Task requirements - Exactly transcribe the line that holds "joined : encode" and every remaining line of the records, up to and including the final one, with nothing else.

Data to use -
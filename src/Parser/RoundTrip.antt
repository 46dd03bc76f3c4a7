-- ===== src/Parser/RoundTrip.antt =====
-- What `parser_parse` accepts, in terms of the wire format alone.
use ledger_arweave.Base.{
  ℕ, zero, suc, ◌+◌, ◌≤◌, ◌<◌, ◌≡◌, ◌≢◌, refl, sym, ap, ◌∙◌, subst, [], ◌∷◌, ◌++◌, append_assoc,
  append-nil, some, Bytes, IsByte, All, arith, length, take, take_all, All-take,
}
use ledger_arweave.Status.{Step, ok}
use ledger_arweave.Parser.{Context, Tag, Tx, read, parse, init}
use ledger_arweave.Parser.Agreement.{AtTx, Meets-read, Known}
use ledger_arweave.Parser.Cursor.{Meets, Meets-ok_left, Meets-ok_right, At, At-length}
use ledger_arweave.Parser.Inverse.{take_transaction-encode, take_transaction-IsAccepted, IsAccepted}
use ledger_arweave.Parser.Layout.{
  Transaction, IsSupported, encode, encode_element, encode_u16, view,
}
use ledger_arweave.Parser.Lists.{take_transaction}

-- Every string that a parsed object refers to lies in the first `size` bytes, and the tags counted
-- are entries of the array.
pub record IsInBounds (size : ℕ) (v : Tx) : Type 0 where
  pub format_in : v.format.ptr + v.format.len ≤ size
  pub owner_in : v.owner.ptr + v.owner.len ≤ size
  pub target_in : v.target.ptr + v.target.len ≤ size
  pub quantity_in : v.quantity.ptr + v.quantity.len ≤ size
  pub reward_in : v.reward.ptr + v.reward.len ≤ size
  pub last_tx_in : v.last_tx.ptr + v.last_tx.len ≤ size
  pub tags_in :
      All
        (λ (t : Tag). (t.key.ptr + t.key.len ≤ size) × (t.value.ptr + t.value.len ≤ size))
        (take v.tags_count v.tags)
  pub count_in : v.tags_count ≤ length v.tags
  pub data_size_in : v.data_size.ptr + v.data_size.len ≤ size
  pub data_root_in : v.data_root.ptr + v.data_root.len ≤ size

-- The bytes that the caller hands over: `size` of them can be read, and fit the reader's counter.
pub record IsInput (memory : Bytes) (size : ℕ) : Type 0 where
  pub readable : size ≤ length memory
  pub small : size < 65536
  pub bytes : All IsByte memory

start : Bytes → ℕ → Context
start memory size = record { buffer = memory; buffer_len = size; offset = 0 }

parse_starts :
    (s : Context × Tx) (memory : Bytes) (size : ℕ)
    → 0 < size
    → size < 65536
    → parse s (some memory) size ≡ read (start memory size, s.1)
unfolding parse init start
parse_starts s memory size p q = ground arith

module _ (s : Context × Tx) (memory : Bytes) (size : ℕ) (input : IsInput memory size)
    (room : length s.1.tags ≡ 16) where
  agrees :
      Meets
        (AtTx memory size input.readable input.small input.bytes
          (Known memory size input.readable input.small input.bytes))
        (read (start memory size, s.1))
        (take_transaction (view memory s.1, take size memory))
  unfolding start
  agrees = Meets-read memory size input.readable input.small input.bytes _ _ (record {
    at = record {
      same = refl;
      same_len = refl;
      inside = omega arith;
      left = ap (λ (n : ℕ). take n memory) (omega arith);
    };
    means = refl;
    room = room;
    known = tt;
  })

  bounds_of :
      (v : Tx) → Known memory size input.readable input.small input.bytes v → IsInBounds size v
  bounds_of v k = record {
    format_in = k.0.0.0.0.0.0.0.0.1;
    owner_in = k.0.0.0.0.0.0.0.1;
    target_in = k.0.0.0.0.0.0.1;
    quantity_in = k.0.0.0.0.0.1;
    reward_in = k.0.0.0.0.1;
    last_tx_in = k.0.0.0.1;
    tags_in = k.0.0.1.0;
    count_in = k.0.0.1.1;
    data_size_in = k.0.1;
    data_root_in = k.1;
  }

  unread_of : (c : Context) (rest : Bytes) → At memory size c rest → c.offset + length rest ≡ size
  unread_of c rest a =
      omega (arith, At-length memory size input.readable input.small input.bytes c rest a, a.inside)

  -- From the agreement: the object of a successful reading, and what it means.
  accepted :
      (p : Context × Tx)
      → read (start memory size, s.1) ≡ ok p
      → (rest : Bytes) × IsAccepted (take size memory) (view memory p.1) rest
        × IsInBounds size p.1
        × (p.0.offset + length rest ≡ size)
  accepted p e =
      let (q, e', a) = Meets-ok_left _ _ _ p agrees e in
      (
        q.1,
        subst (λ (t : Transaction). IsAccepted (take size memory) t q.1) (sym a.means)
            (take_transaction-IsAccepted _ (take size memory) q
              (All-take IsByte size memory input.bytes) e'),
        bounds_of p.1 a.known,
        unread_of p.0 q.1 a.at,
      )

parse-zero :
    (s : Context × Tx) (memory : Bytes) (p : Context × Tx) → parse s (some memory) 0 ≡ ok p → ⊥
unfolding parse
parse-zero s memory p e = cc

ok_rest :
    {t u : Transaction} {x y : Bytes}
    → ◌≡◌ {A = Step (Transaction × Bytes)} (ok (t, x)) (ok (u, y))
    → x ≡ y
ok_rest e = cc

append-nil_right : (xs ys : Bytes) → xs ++ ys ≡ [] → ys ≡ []
append-nil_right [] ys e = e
append-nil_right (x ∷ xs) ys e = absurd (cc)

-- What `parser_parse` returned: the object, what it means, and what it left unread.
pub record Parsed (s : Context × Tx) (memory : Bytes) (size : ℕ) (t : Transaction) (rest : Bytes)
    : Type 0 where
  pub after : Context × Tx
  pub returns : parse s (some memory) size ≡ ok after
  pub means : view memory after.1 ≡ t
  pub bounds : IsInBounds size after.1
  pub unread : after.0.offset + length rest ≡ size

encode-pos : (t : Transaction) (rest : Bytes) → 0 < length (encode t ++ rest)
unfolding encode encode_element encode_u16
encode-pos t rest = omega arith

-- Any transaction that the app supports, encoded and with any bytes behind it, is parsed into an
-- object that means that transaction and refers to bytes of the input only; exactly the bytes
-- behind the encoding are left unread. What the object held before does not matter. The input is
-- shorter than 65536 bytes, and the tag array has its 16 entries.
pub parse-encode :
    (s : Context × Tx) (t : Transaction) (rest : Bytes)
    → IsSupported t
    → All IsByte (encode t ++ rest)
    → length (encode t ++ rest) < 65536
    → length s.1.tags ≡ 16
    → Parsed s (encode t ++ rest) (length (encode t ++ rest)) t rest
parse-encode s t rest h bytes small room =
    let (q, e, a) = Meets-ok_right _ _ _ (t, rest) (agrees s memory size input room) reads in
    record {
      after = q;
      returns = parse_starts s memory size (encode-pos t rest) small ∙ e;
      means = a.means;
      bounds = bounds_of s memory size input room q.1 a.known;
      unread = unread_of s memory size input room q.0 rest a.at;
    }
  where
    memory : Bytes
    memory = encode t ++ rest

    size : ℕ
    size = length memory

    input : IsInput memory size
    input = record { readable = omega arith; small = small; bytes = bytes }

    reads : take_transaction (view memory s.1, take size memory) ≡ ok (t, rest)
    reads =
        ap (λ (bs : Bytes). take_transaction (view memory s.1, bs))
          (take_all size memory (omega arith))
        ∙ take_transaction-encode (view memory s.1) t rest h

-- What a successful call of `parser_parse` says of its input.
pub record IsSound (memory : Bytes) (size : ℕ) (p : Context × Tx) : Type 0 where
  pub rest : Bytes
  pub supported : IsSupported (view memory p.1)
  pub splits : take size memory ≡ encode (view memory p.1) ++ rest
  pub bounds : IsInBounds size p.1
  pub unread : p.0.offset + length rest ≡ size

-- Whatever `parser_parse` accepts begins with the encoding of a supported transaction, the one that
-- the object then means: format 2, an owner of 512 bytes, at most 16 tags. No string of the object
-- reaches beyond the `size` bytes of the input, and the bytes not read are those behind the
-- encoding. The input is shorter than 65536 bytes.
pub parse-IsSound :
    (s : Context × Tx) (memory : Bytes) (size : ℕ) (p : Context × Tx)
    → IsInput memory size
    → length s.1.tags ≡ 16
    → parse s (some memory) size ≡ ok p
    → IsSound memory size p
parse-IsSound s memory zero p input room e = absurd (parse-zero s memory p e)
parse-IsSound s memory (suc n) p input room e =
    let (rest, a, bounds, unread) =
      accepted s memory (suc n) input room p
        (sym (parse_starts s memory (suc n) (omega arith) input.small) ∙ e) in
    record {
      rest = rest;
      supported = a.supported;
      splits = a.splits;
      bounds = bounds;
      unread = unread;
    }

-- A message that ends before its encoding does is never accepted, wherever it is cut.
pub parse-truncated :
    (s : Context × Tx) (t : Transaction) (sent lost : Bytes) (p : Context × Tx)
    → IsSupported t
    → sent ++ lost ≡ encode t
    → lost ≢ []
    → All IsByte sent
    → length sent < 65536
    → length s.1.tags ≡ 16
    → parse s (some sent) (length sent) ≢ ok p
parse-truncated s t sent lost p h cut missing bytes small room e =
    missing (append-nil_right sound.rest lost (sym whole))
  where
    sound : IsSound sent (length sent) p
    sound =
        parse-IsSound s sent (length sent) p
          (record { readable = omega arith; small = small; bytes = bytes }) room e

    u : Transaction
    u = view sent p.1

    joined : encode t ++ [] ≡ encode u ++ (sound.rest ++ lost)
    joined =
        append-nil (encode t)
        ∙ sym cut
        ∙ ap (λ (b : Bytes). b ++ lost)
            (sym (take_all (length sent) sent (omega arith)) ∙ sound.splits)
        ∙ append_assoc (encode u) sound.rest lost

    whole : [] ≡ sound.rest ++ lost
    whole = ok_rest (
        sym (take_transaction-encode t t [] h)
        ∙ ap (λ (b : Bytes). take_transaction (t, b)) joined
        ∙ take_transaction-encode t u (sound.rest ++ lost) sound.supported)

Your solution -
    joined : encode t ++ [] ≡ encode u ++ (sound.rest ++ lost)
    joined =
        append-nil (encode t)
        ∙ sym cut
        ∙ ap (λ (b : Bytes). b ++ lost)
            (sym (take_all (length sent) sent (omega arith)) ∙ sound.splits)
        ∙ append_assoc (encode u) sound.rest lost

    whole : [] ≡ sound.rest ++ lost
    whole = ok_rest (
        sym (take_transaction-encode t t [] h)
        ∙ ap (λ (b : Bytes). take_transaction (t, b)) joined
        ∙ take_transaction-encode t u (sound.rest ++ lost) sound.supported)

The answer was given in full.